Seine Bombenladung war getroffen worden, und in einem Augenblick sind eine
B-17 und seine Besatzung verschwunden, in Stücke gerissen.
Nach
wenigen Minuten sind wir über dem Ziel, die Bomben fallen. Flak ist überall
um uns herum. Das Krachen naher Explosionen ist zu hören und ihr hässliches
rotes Innenleben ist zu sehen, das war nahe. Während des Bombenabwurfes
fliegen wir irgendwie durch eine der Rauchmarkierungen, welche unsere
transparente Bugsektion und die Astrokuppel mit einer gelblich-grünen
Schmiere überzieht und uns die Sicht nimmt.
Wir
fliegen vom Ziel ab. Nahe der Elbe, bei Wittenberg, so vermute ich, kommen
wir der Stadt und seiner Flak zu nahe . Dann bricht die Hölle los. Wir
taumeln nach links und rechts, ich werde durch die Kabine geschleudert und
mir wird der Stahlhelm vom Kopf gerissen. Über den Bordfunk kommt erregtes
Gebrüll - ich erfahre, dass
einer über uns getroffen wurde, eine seiner Tragflächen ist abgerissen,
und dass der B-17 von Lt. Putnam's-Crew der Bug weggeschossen wurde. Wir
sind von einer Flak-Batterie erwischt worden, die sich in einem Kahn auf der
Elbe oder auf einem Eisenbahnwaggon befand und zwei weitere unserer
Flugzeuge sind nicht mehr.
Ich
bin zu Tode verängstigt und wegen der verschmierten Kanzel nicht in der
Lage zu erkennen was vor sich geht, ich rücke
dem Notausstieg näher. Ich will nicht in einem nach Unten trudelnden
Flugzeug gefangen sein, wenn wir getroffen werden.
Innerhalb
von Sekunden ist der Zauber vorbei, wir rissen uns zusammen und flogen
weiter, ziemlich gut durchgeschüttelt, landeten wohlbehalten, werden
abgeladen, ausgefragt, schleppen uns an der Kantine vorbei in unsere Hütten.
Das
Letzte woran ich mich an diesen Tag erinnere, ist, dass ich ruhig dasitze
und dem Personal-Offizier dabei zusehe, wie er durch Neill‘s Sachen
geht. Neill war der Bombenschütze der Putnam-Crew und saß im Bug mit Lt.
Esposito, deren Navigator, als sie getroffen wurden. Er war ein großer,
ruhiger junger Kerl und sehr würdevoll.

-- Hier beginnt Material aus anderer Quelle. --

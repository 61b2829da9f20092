-- ===== src/Cases/Events.antt =====
-- case_management/application/run_service.py: the operational and audit events of a run. The schema
-- validation of pydantic is a parameter: it says which events it accepts.
pub mod Numbered
use mathlib.Core.Option
use unknown_file_threat_agen.Cases.EventKinds.{
  event_type, stage_by_kind, node_by_kind, phase_to_node, audit_action,
}
use unknown_file_threat_agen.Cases.Redaction.{redact_details, redact_fields}
use unknown_file_threat_agen.Cases.RuntimeStore.{
  InvestigationRun, Entry, EventBody, AuditBody, RuntimeStore, Error, key_error, type_error,
  validation_error, Outcome, fine, raise, ◌>>◌, get_run, update_run, next_sequence,
  append_operational_event, append_audit_event,
}
use unknown_file_threat_agen.Prelude.Int.{pos, eqb_ℤ}
use unknown_file_threat_agen.Shared.Json.{
  key, Json, null, bool, num, str, arr, obj, Items, nil, cons, Fields, end, field, find, set_field,
  remove_field,
}
use unknown_file_threat_agen.Prelude.{
  ◌-◌, String, Bool, true, false, not, Option, none, some, map, ◌==◌, if◌then◌else◌, or_else,
}

pub record RunServiceConfig : Type 0 where
  pub tenant_id : String
  pub judgment_provider : String
  pub judgment_model : String
  pub response_provider : String
  pub response_model : String

-- Python's truth of a value, and of the value of a missing key
unfoldable pub truthy : Json → Bool
truthy null = false
truthy (bool b) = b
truthy (num n) = not (eqb_ℤ n (pos 0))
truthy (str s) = not (s == "")
truthy (arr nil) = false
truthy (arr (cons x xs)) = true
truthy (obj end) = false
truthy (obj (field k v fs)) = true

unfoldable pub truthy_at : String → Fields → Option Json
unfolding truthy
truthy_at k fs = elim (find (key k) fs) [ none ↦ none | some v ↦ if truthy v then some v else none ]

-- `a or b` on texts
abbrev pub or_text : String → String → String
or_text a b = if a == "" then b else a

-- the node of an event: the explicit one, or that of the phase, of the kind, or the stage
unfoldable pub node_of : String → String → Fields → Option Json
unfolding truthy_at phase_to_node node_by_kind
node_of kind stage details = elim (truthy_at "node" details) [
  | some explicit ↦ some explicit
  | none ↦
      Option.map (λ by_phase. str (or_text by_phase (or_text (node_by_kind kind) stage)))
        (phase_to_node (find (key "phase") details))
]

-- what a model event adds to its details
unfoldable pub model_details : RunServiceConfig → String → Fields → Fields
model_details config kind details =
    let is_response = kind == "response" in
    let provider = if is_response then config.response_provider else config.judgment_provider in
    let model = if is_response then config.response_model else config.judgment_model in
    set_field (key "prompt_version")
      (str (if is_response then "response-advisory/1.0" else "judgment/1.0"))
      (set_field (key "model") (str (or_text model "not-configured"))
        (set_field (key "provider") (str (or_text provider "openai-compatible")) details))

-- `{**base, **fields}`
unfoldable pub merge : Fields → Fields → Fields
merge base end = base
merge base (field k v fs) = merge (set_field k v base) fs

-- `item["source_category"]` of the objects of a list; a missing one raises `KeyError`
unfoldable pub source_categories : Items → Option Items
source_categories nil = some nil
source_categories (cons (obj fs) xs) =
    let rest = source_categories xs in
    elim (find (key "source_category") fs) [
      | none ↦ none
      | some c ↦ elim rest [ none ↦ none | some cs ↦ some (cons c cs) ]
    ]
source_categories (cons x xs) = source_categories xs

-- the references of an audit event, or the exception that collecting them raises
pub data Refs : Type 0 where
  given : Json → Refs
  refused : Error → Refs

-- the value given to `list`, which raises on a number or a Boolean
unfoldable pub listed : Json → Refs
listed (num n) = refused type_error
listed (bool b) = refused type_error
listed v = given v

-- the comprehension over `details.get("sources", [])`; keys and characters are no dicts
unfoldable pub cited_sources : Option Json → Refs
cited_sources none = given (arr nil)
cited_sources (some (arr xs)) = elim (source_categories xs) [
  | none ↦ refused key_error
  | some cs ↦ given (arr cs)
]
cited_sources (some (str s)) = given (arr nil)
cited_sources (some (obj fs)) = given (arr nil)
cited_sources (some v) = refused type_error

unfoldable pub input_refs_of : Fields → Refs
input_refs_of details = elim (truthy_at "evidence_ids" details) [
  | some v ↦ listed v
  | none ↦ cited_sources (find (key "sources") details)
]

unfoldable pub resource_ref_of : String → Fields → Json
unfolding truthy_at
resource_ref_of run_id details = or_else (truthy_at "query_id" details) (
    or_else (truthy_at "report_id" details) (
      or_else (truthy_at "request_ref" details)
        (or_else (truthy_at "consultation_id" details) (str run_id))))

-- `run.graph_thread_id or run_id`, for a run that may be missing
unfoldable pub correlation : Option InvestigationRun → String → String
correlation none run_id = run_id
correlation (some run) run_id = or_text (or_else run.graph_thread_id "") run_id

-- `_required_run`, and what is done with the run
unfoldable pub with_run :
    RunServiceConfig → String → RuntimeStore → (InvestigationRun → Outcome) → Outcome
with_run config run_id store next = elim (get_run config.tenant_id run_id store) [
  | none ↦ raise key_error store
  | some run ↦ next run
]

module _ (accepts_event : Entry → EventBody → Bool) (accepts_audit : Entry → AuditBody → Bool)
    (config : RunServiceConfig) where
  -- an event is validated when it is made, and then inserted
  unfoldable pub file_audit : Entry → AuditBody → RuntimeStore → Outcome
  file_audit entry body store =
      if accepts_audit entry body
      then append_audit_event entry body store
      else raise validation_error store

  unfoldable pub file_event : Entry → EventBody → RuntimeStore → Outcome
  file_event entry body store =
      if accepts_event entry body
      then append_operational_event entry body store
      else raise validation_error store

  -- `_audit`
  unfoldable pub audit :
      String → String → String → String → Json → Json → String → Json → RuntimeStore → Outcome
  audit run_id case_id action resource_type resource_ref input_refs result_summary scope store =
      let entry : Entry = record {
        tenant_id = config.tenant_id;
        run_id = run_id;
        sequence = next_sequence config.tenant_id run_id store.audits;
      } in
      let body : AuditBody = record {
        case_id = case_id;
        action = action;
        resource_type = resource_type;
        resource_ref = resource_ref;
        scope_snapshot = redact_details scope;
        input_refs = input_refs;
        result_summary = result_summary;
        correlation_id = correlation (get_run config.tenant_id run_id store) run_id;
      } in
      file_audit entry body store

  -- the last part of `_emit_locked`, for the kinds that are audited
  unfoldable pub audit_emission :
      String → String → String → String → Fields → RuntimeStore → Outcome
  audit_emission run_id case_id kind message details store = elim (audit_action kind) [
    | none ↦ fine store
    | some action ↦ elim (input_refs_of details) [
      | refused e ↦ raise e store
      | given refs ↦
          audit run_id case_id action kind (resource_ref_of run_id details) refs message
            (or_else (truthy_at "scope" details) (obj end)) store
    ]
  ]

  -- the operational event itself, from redacted details
  unfoldable pub write_emission :
      InvestigationRun → String → String → String → Fields → Json → RuntimeStore → Outcome
  write_emission run stage kind message safe node store =
      let rest = remove_field (key "node") (
        remove_field (key "retry_count")
          (remove_field (key "token_usage") (remove_field (key "duration_ms") safe))) in
      let details = if event_type kind == "model" then model_details config kind rest else rest in
      let entry : Entry = record {
        tenant_id = config.tenant_id;
        run_id = run.run_id;
        sequence = next_sequence config.tenant_id run.run_id store.events;
      } in
      let body : EventBody = record {
        case_id = run.case_id;
        event_type = event_type kind;
        stage = stage;
        node = node;
        duration_ms = find (key "duration_ms") safe;
        token_usage = find (key "token_usage") safe;
        retry_count = find (key "retry_count") safe;
        details =
            merge (field (key "kind") (str kind) (field (key "message") (str message) end)) details;
        correlation_id = correlation (some run) run.run_id;
      } in
      file_event entry body store >> audit_emission run.run_id run.case_id kind message details

  unfoldable pub record_emission :
      InvestigationRun → String → String → String → Fields → RuntimeStore → Outcome
  record_emission run stage kind message safe store = elim (node_of kind stage safe) [
    | none ↦ raise type_error store
    | some node ↦ write_emission run stage kind message safe node store
  ]

  -- the row moves to the stage of the kind
  unfoldable pub move_stage : InvestigationRun → String → RuntimeStore → Outcome
  move_stage run stage store =
      if stage == run.stage then fine store else update_run (record run { stage = stage }) store

  -- `_emit_locked`
  unfoldable pub emit : String → String → String → Fields → RuntimeStore → Outcome
  emit run_id kind message details store = with_run config run_id store (λ run.
      let stage = or_else (stage_by_kind kind) run.stage in
      move_stage run stage store
      >> record_emission (record run { stage = stage }) stage kind message (redact_fields details))
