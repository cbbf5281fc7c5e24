-- ===== src/Records/Generation.antt =====
-- generation.c: the file of random records that the editor is started on.
use osa_sp.Base.{
  ℕ, zero, suc, ◌+◌, ◌/◌, ◌%◌, ◌≡◌, refl, ap, Option, none, some, List, [], ◌∷◌, ◌++◌, leb,
  if◌then◌else◌, length, codes, arith,
}
use osa_sp.Records.{Record}
use osa_sp.Records.Input.{name_len, addr_len, strncpy}
use osa_sp.Records.Fetch.Edits.{IsRecord, strncpy-IsField}

-- `%03ld` of a number below 1000
abbrev pub three_digits : ℕ → List ℕ
three_digits n = (b'0' + n / 100) ∷ (b'0' + n / 10 % 10) ∷ (b'0' + n % 10) ∷ []

-- `rand`: it takes the generator's state and returns a number with the next state.
module _ (rand : ℕ → ℕ × ℕ) where
  -- The record number `i`: `snprintf` into a field of zeros leaves zeros behind the text.
  unfoldable pub generate_record : ℕ → ℕ → Record × ℕ
  generate_record i state =
      let (d, state') = rand state in
      let (l, state'') = rand state' in
      (
        record {
          device_name = strncpy name_len (codes "Device" ++ three_digits (d % 100));
          location = strncpy addr_len (codes "Location" ++ three_digits (l % 999));
          inventory_number = i % 8 + 1;
        },
        state'',
      )

  -- The loop of `main` with `n` records left, from the record `i` on.
  unfoldable pub generate_records : ℕ → ℕ → ℕ → List Record
  generate_records zero i state = []
  generate_records (suc n) i state =
      (generate_record i state).0 ∷ generate_records n (suc i) (generate_record i state).1

  -- `main` with the number that `strtol` reads, none if something follows it: the file written, when no
  -- call fails.
  unfoldable pub generate_file : Option ℕ → ℕ → Option (List Record)
  generate_file none state = none
  generate_file (some n) state = if leb 10 n then some (generate_records n 0 state) else none

  generate_record-IsRecord : (i state : ℕ) → IsRecord (generate_record i state).0
  unfolding generate_record
  generate_record-IsRecord i state = record {
    name =
        strncpy-IsField name_len (codes "Device" ++ three_digits ((rand state).0 % 100))
          (omega arith);
    place =
        strncpy-IsField addr_len (codes "Location" ++ three_digits ((rand (rand state).1).0 % 999))
          (omega arith);
    number = omega arith;
  }

  abbrev pub AreRecords : List Record → Type 0
  AreRecords [] = Unit
  AreRecords (r ∷ rs) = IsRecord r × AreRecords rs

  -- The generator writes as many records as it is asked for, and each of them is one that the editor
  -- takes: texts that end inside their fields, and a number of 32 bits.
  pub generate_records-AreRecords :
      (n i state : ℕ)
      → (length (generate_records n i state) ≡ n) × AreRecords (generate_records n i state)
  unfolding generate_records
  generate_records-AreRecords zero i state = (refl, tt)
  generate_records-AreRecords (suc n) i state =
      let (size, good) = generate_records-AreRecords n (suc i) (generate_record i state).1 in
      (ap suc size, (generate_record-IsRecord i state, good))
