-- ===== src/Records/Rounds.antt =====
-- One round of `do_put`, and the rounds that follow a conflict.
use osa_sp.Base.{
  same_bytes, ℕ, zero, suc, ◌≡◌, ◌⊎◌, inl, inr, refl, sym, ap, ap₂, ◌∙◌, true, false, Bool-cases,
  Option, some, List, [], ◌∷◌, arith, ==_iff, get_elem?, set, Option-cases, ◌++◌,
}
use osa_sp.Records.{
  Record, same_record, Editor, Round, Report, query_error, lock_error, read_error, write_error,
  updated, RoundEnd, again, finished, compare_and_write, reread, put_round, put_loop,
}

same_bytes_lem : (xs ys : List ℕ) → same_bytes xs ys ≡ true → xs ≡ ys
same_bytes_lem [] [] h = refl
same_bytes_lem [] (y ∷ ys) h = cc h
same_bytes_lem (x ∷ xs) [] h = cc h
same_bytes_lem (x ∷ xs) (y ∷ ys) h =
    ap₂ ◌∷◌ ((==_iff x y).0 (ground (arith, h))) (same_bytes_lem xs ys (ground (arith, h)))

same_bytes_self : (xs : List ℕ) → same_bytes xs xs ≡ true
same_bytes_self [] = refl
same_bytes_self (x ∷ xs) = rw ((==_iff x x).1 refl, same_bytes_self xs) refl

-- `memcmp` says whether two records are equal.
pub same_record_lem : (r s : Record) → same_record r s ≡ true → r ≡ s
same_record_lem r s h =
    let names = same_bytes_lem r.device_name s.device_name (ground (arith, h)) in
    let places = same_bytes_lem r.location s.location (ground (arith, h)) in
    let numbers : r.inventory_number ≡ s.inventory_number = ground (arith, h) in
    cc (names, places, numbers)

pub same_record_self : (r : Record) → same_record r r ≡ true
same_record_self r =
    rw (same_bytes_self r.device_name, same_bytes_self r.location)
      ((==_iff _ r.inventory_number).1 refl)

pub set-get_elem? :
    (xs : List Record) (i : ℕ) (v : Record) → get_elem? xs i ≡ some v → set xs i v ≡ xs
set-get_elem? [] i v h = refl
set-get_elem? (x ∷ xs) zero v h = ap (λ y. y ∷ xs) (cc h)
set-get_elem? (x ∷ xs) (suc i) v h = ap (λ l. x ∷ l) (set-get_elem? xs i v h)

-- How one round ends: with the file as the others left it, with the edit written over the record that
-- was fetched, or with a conflict.
abbrev pub RoundCases : Round → Editor → List Record → RoundEnd × List Record → Type 0
RoundCases r e file outcome =
    ((report : Report) × (e' : Editor) × (outcome ≡ (finished report e', file)))
    ⊎ ((report : Report) × (e' : Editor) × (outcome ≡ (finished report e', r.others file)))
    ⊎ ((outcome ≡ (
      finished updated (record e { has_work = false }),
      set (r.others file) e.last_rec_no e.work_rec,
    ))
        × (get_elem? (r.others file) e.last_rec_no ≡ some e.orig_rec))
    ⊎ ((current : Record) × (outcome
          ≡ (again (record e { orig_rec = current; work_rec = current }), r.others file)))

pub round_cases :
    (r : Round) (e : Editor) (file : List Record) → RoundCases r e file (put_round r e file)
unfolding put_round reread compare_and_write
round_cases r e file = elim (Bool-cases r.query_ok) [
  | inr a ↦ inl (query_error, e, rw a refl)
  | inl a ↦ elim (Bool-cases r.lock_ok) [
    | inr b ↦ inr (inl (lock_error, e, rw (a, b) refl))
    | inl b ↦ elim (Option-cases (get_elem? (r.others file) e.last_rec_no)) [
      | inl missing ↦ inr (inl (read_error, e, rw (a, b, missing) refl))
      | inr (current, found) ↦ elim (Bool-cases r.read_ok) [
        | inr c ↦ inr (inl (read_error, e, rw (a, b, found, c) refl))
        | inl c ↦ elim (Bool-cases (same_record current e.orig_rec)) [
          | inr d ↦ inr (inr (inr (current, rw (a, b, found, c, d) refl)))
          | inl d ↦ elim (Bool-cases r.write_ok) [
            | inr w ↦ inr (inl (write_error, e, rw (a, b, found, c, d, w) refl))
            | inl w ↦ inr (
                inr (
                  inl (
                    rw (a, b, found, c, d, w) refl,
                    found ∙ ap some (same_record_lem current e.orig_rec d),
                  )))
          ]
        ]
      ]
    ]
  ]
]

-- The file after what the others do in these rounds.
abbrev pub interfered : List Round → List Record → List Record
interfered [] file = file
interfered (r ∷ rest) file = interfered rest (r.others file)

-- The file is as the others left it in the first rounds.
abbrev pub OthersOnly : List Round → List Record → List Record → Type 0
OthersOnly rounds file file' =
    (before : List Round) × (after : List Round) × (rounds ≡ before ++ after)
    × (file' ≡ interfered before file)

abbrev pub loop_after : List Round → RoundEnd × List Record → Option (Report × Editor × List Record)
loop_after rest (finished report e', file') = some (report, e', file')
loop_after rest (again e', file') = put_loop rest e' file'

put_loop_lem :
    (r : Round) (rest : List Round) (e : Editor) (file : List Record)
    → put_loop (r ∷ rest) e file ≡ loop_after rest (put_round r e file)
unfolding put_loop
put_loop_lem r rest e file = go (put_round r e file)
  where
    go :
        (o : RoundEnd × List Record)
        → (let (ending, file') = o in
            elim ending [
              | finished report e' ↦ some (report, e', file')
              | again e' ↦ put_loop rest e' file'
            ])
          ≡ loop_after rest o
    go (finished report e', file') = refl
    go (again e', file') = refl

pub after_round :
    (r : Round) (rest : List Round) (e : Editor) (file : List Record) (o : RoundEnd × List Record)
    → put_round r e file ≡ o
    → put_loop (r ∷ rest) e file ≡ loop_after rest o
after_round r rest e file o h = put_loop_lem r rest e file ∙ ap (loop_after rest) h

-- After a conflict the loop writes back what it has just read.
pub loop_keeps :
    (rounds : List Round) (e : Editor) (file : List Record) (report : Report) (e' : Editor)
    (file' : List Record)
    → e.work_rec ≡ e.orig_rec
    → put_loop rounds e file ≡ some (report, e', file')
    → OthersOnly rounds file file'
unfolding put_loop
loop_keeps [] e file report e' file' same h = absurd (cc h)
loop_keeps (r ∷ rest) e file report e' file' same h = elim (round_cases r e file) [
  | inl (report0, e0, o) ↦ ([], r ∷ rest, refl, cc (after_round r rest e file _ o, h))
  | inr (inl (report0, e0, o)) ↦ (r ∷ [], rest, refl, cc (after_round r rest e file _ o, h))
  | inr (inr (inl (o, found))) ↦
      let kept : set (r.others file) e.last_rec_no e.work_rec ≡ r.others file =
        set-get_elem? (r.others file) e.last_rec_no e.work_rec (found ∙ ap some (sym same)) in
      (r ∷ [], rest, refl, cc (kept, after_round r rest e file _ o, h))
  | inr (inr (inr (current, o))) ↦
      let (before, after, split, left) =
        loop_keeps rest (record e { orig_rec = current; work_rec = current }) (r.others file) report
          e' file' refl (sym (after_round r rest e file _ o) ∙ h) in
      (r ∷ before, after, ap (λ l. r ∷ l) split, left)
]
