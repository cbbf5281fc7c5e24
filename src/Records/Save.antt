-- ===== src/Records/Save.antt =====
-- `do_put`: what it does to the file while other editors change it.
use osa_sp.Base.{
  ◌≡◌, ◌≢◌, ◌⊎◌, inl, inr, refl, sym, ap, ◌∙◌, Bool, true, false, not, Bool-cases, some, List, [],
  ◌∷◌, if◌then◌else◌, get_elem?, set,
}
use osa_sp.Records.{
  Record, same_record, Editor, Round, Report, updated, again, finished, compare_and_write, reread,
  put_round, put_loop, do_put,
}
use osa_sp.Records.Rounds.{
  same_record_lem, same_record_self, set-get_elem?, round_cases, after_round, loop_keeps,
  OthersOnly,
}

third_of :
    {A : Type 0} (b c : Bool) (x y z : A)
    → b ≡ true
    → c ≡ false
    → (if not b then x else if c then y else z) ≡ z
third_of b c x y z first second = rw (first, second) refl

do_put_loops :
    (rounds : List Round) (e : Editor) (file : List Record)
    → e.has_work ≡ true
    → same_record e.orig_rec e.work_rec ≡ false
    → do_put rounds e file ≡ put_loop rounds e file
unfolding do_put
do_put_loops rounds e file work differs =
    third_of e.has_work (same_record e.orig_rec e.work_rec) _ _ _ work differs

-- Whatever other editors do and whichever calls fail, when `do_put` returns there are two cases. Either
-- it found the record in the file as it was fetched, wrote the edit over it, left every other record,
-- and reports success. Or the file is as the other editors left it, also where it reports success.
pub do_put_never_overwrites :
    (rounds : List Round) (e : Editor) (file : List Record) (report : Report) (e' : Editor)
    (file' : List Record)
    → do_put rounds e file ≡ some (report, e', file')
    → ((r : Round) × (rest : List Round) × (rounds ≡ r ∷ rest)
        × (get_elem? (r.others file) e.last_rec_no ≡ some e.orig_rec)
        × (file' ≡ set (r.others file) e.last_rec_no e.work_rec)
        × (report ≡ updated))
      ⊎ OthersOnly rounds file file'
unfolding do_put put_loop
do_put_never_overwrites rounds e file report e' file' h = elim (Bool-cases e.has_work) [
  | inr idle ↦ inr ([], rounds, refl, cc (rw idle at h))
  | inl work ↦ elim (Bool-cases (same_record e.orig_rec e.work_rec)) [
    | inl same ↦ inr ([], rounds, refl, cc (rw (work, same) at h))
    | inr differs ↦ first rounds (sym (do_put_loops rounds e file work differs) ∙ h)
  ]
]
  where
    first :
        (rounds : List Round)
        → put_loop rounds e file ≡ some (report, e', file')
        → ((r : Round) × (rest : List Round) × (rounds ≡ r ∷ rest)
            × (get_elem? (r.others file) e.last_rec_no ≡ some e.orig_rec)
            × (file' ≡ set (r.others file) e.last_rec_no e.work_rec)
            × (report ≡ updated))
          ⊎ OthersOnly rounds file file'
    first [] h = absurd (cc h)
    first (r ∷ rest) h = elim (round_cases r e file) [
      | inl (report0, e0, o) ↦ inr ([], r ∷ rest, refl, cc (after_round r rest e file _ o, h))
      | inr (inl (report0, e0, o)) ↦ inr (r ∷ [], rest, refl, cc (after_round r rest e file _ o, h))
      | inr (inr (inl (o, found))) ↦ inl (
        r,
        rest,
        refl,
        found,
        cc (after_round r rest e file _ o, h),
        cc (after_round r rest e file _ o, h),
      )
      | inr (inr (inr (current, o))) ↦
          let (before, after, split, left) =
            loop_keeps rest (record e { orig_rec = current; work_rec = current }) (r.others file)
              report e' file' refl (sym (after_round r rest e file _ o) ∙ h) in
          inr (r ∷ before, after, ap (λ l. r ∷ l) split, left)
    ]

-- All calls of a round succeed.
abbrev pub Succeeds : Round → Type 0
Succeeds r = (r.query_ok ≡ true) × (r.lock_ok ≡ true) × (r.read_ok ≡ true) × (r.write_ok ≡ true)

round_saves :
    (r : Round) (e : Editor) (file : List Record)
    → Succeeds r
    → get_elem? (r.others file) e.last_rec_no ≡ some e.orig_rec
    → put_round r e file ≡ (
      finished updated (record e { has_work = false }),
      set (r.others file) e.last_rec_no e.work_rec,
    )
unfolding put_round reread compare_and_write
round_saves r e file (a, b, c, w) found = rw (a, b, found, c, same_record_self e.orig_rec, w) refl

round_conflicts :
    (r : Round) (e : Editor) (file : List Record) (theirs : Record)
    → Succeeds r
    → get_elem? (r.others file) e.last_rec_no ≡ some theirs
    → theirs ≢ e.orig_rec
    → put_round r e file
      ≡ (again (record e { orig_rec = theirs; work_rec = theirs }), r.others file)
unfolding put_round reread compare_and_write
round_conflicts r e file theirs (a, b, c, w) found differs =
    elim (Bool-cases (same_record theirs e.orig_rec)) [
      | inl same ↦ absurd (differs (same_record_lem theirs e.orig_rec same))
      | inr d ↦ rw (a, b, found, c, d) refl
    ]

-- If all calls succeed and the record is still the one that was fetched, `do_put` of an edit writes it
-- in the first round, reports success and has no work left.
pub do_put_saves :
    (r : Round) (rest : List Round) (e : Editor) (file : List Record)
    → e.has_work ≡ true
    → same_record e.orig_rec e.work_rec ≡ false
    → Succeeds r
    → get_elem? (r.others file) e.last_rec_no ≡ some e.orig_rec
    → do_put (r ∷ rest) e file
      ≡ some (updated, record e { has_work = false }, set (r.others file) e.last_rec_no e.work_rec)
do_put_saves r rest e file work differs ok found =
    do_put_loops (r ∷ rest) e file work differs
    ∙ after_round r rest e file _ (round_saves r e file ok found)

-- If another editor has changed the record and lets it be after that, `do_put` reports success in the
-- second round, but the file holds the other's record and the edit is gone from the editor too.
pub conflict_loses_edit :
    (r s : Round) (rest : List Round) (e : Editor) (file : List Record) (theirs : Record)
    → e.has_work ≡ true
    → same_record e.orig_rec e.work_rec ≡ false
    → Succeeds r
    → Succeeds s
    → get_elem? (r.others file) e.last_rec_no ≡ some theirs
    → theirs ≢ e.orig_rec
    → s.others (r.others file) ≡ r.others file
    → do_put (r ∷ s ∷ rest) e file
      ≡ some (
        updated,
        record e { orig_rec = theirs; work_rec = theirs; has_work = false },
        r.others file,
      )
conflict_loses_edit r s rest e file theirs work differs ok ok' found changed quiet =
    let e1 : Editor = record e { orig_rec = theirs; work_rec = theirs } in
    let found' : get_elem? (s.others (r.others file)) e.last_rec_no ≡ some theirs =
      rw quiet found in
    do_put_loops (r ∷ s ∷ rest) e file work differs
    ∙ after_round r (s ∷ rest) e file _ (round_conflicts r e file theirs ok found changed)
    ∙ after_round s rest e1 (r.others file) _ (round_saves s e1 (r.others file) ok' found')
    ∙ ap (λ f. some (updated, record e1 { has_work = false }, f))
        (set-get_elem? (s.others (r.others file)) e.last_rec_no theirs found' ∙ quiet)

Neill und ich waren im Grunde
Freunde, ungeachtet der ungeschriebenen Regel im Krieg: ‘Mache dir keine
zu engen Freunde‘. Es war das zweite Mal, dass ich diese Regel brach“.
Wie
auch die Menschen in deutschen Städten, wie Oranienburg, durchlebten auch
die Angreifer der alliierten Bomberverbände die Hölle des Krieges. Doch
welcher normale Mensch mag im Angesicht solch durchlittener Schrecken auf
beiden Seiten, den Anteil einer Schuld aufzuwiegen. Das einzig Richtige ist,
um allen Opfern dieses Krieges gerecht zu werden, gemeinsam ihrer zu
gedenken. Dabei sollten auch nicht jene Menschen vergessen werden, denen der
Krieg seelischen Schaden zugefügt hatte. Menschen, wie John H. Kirkwood.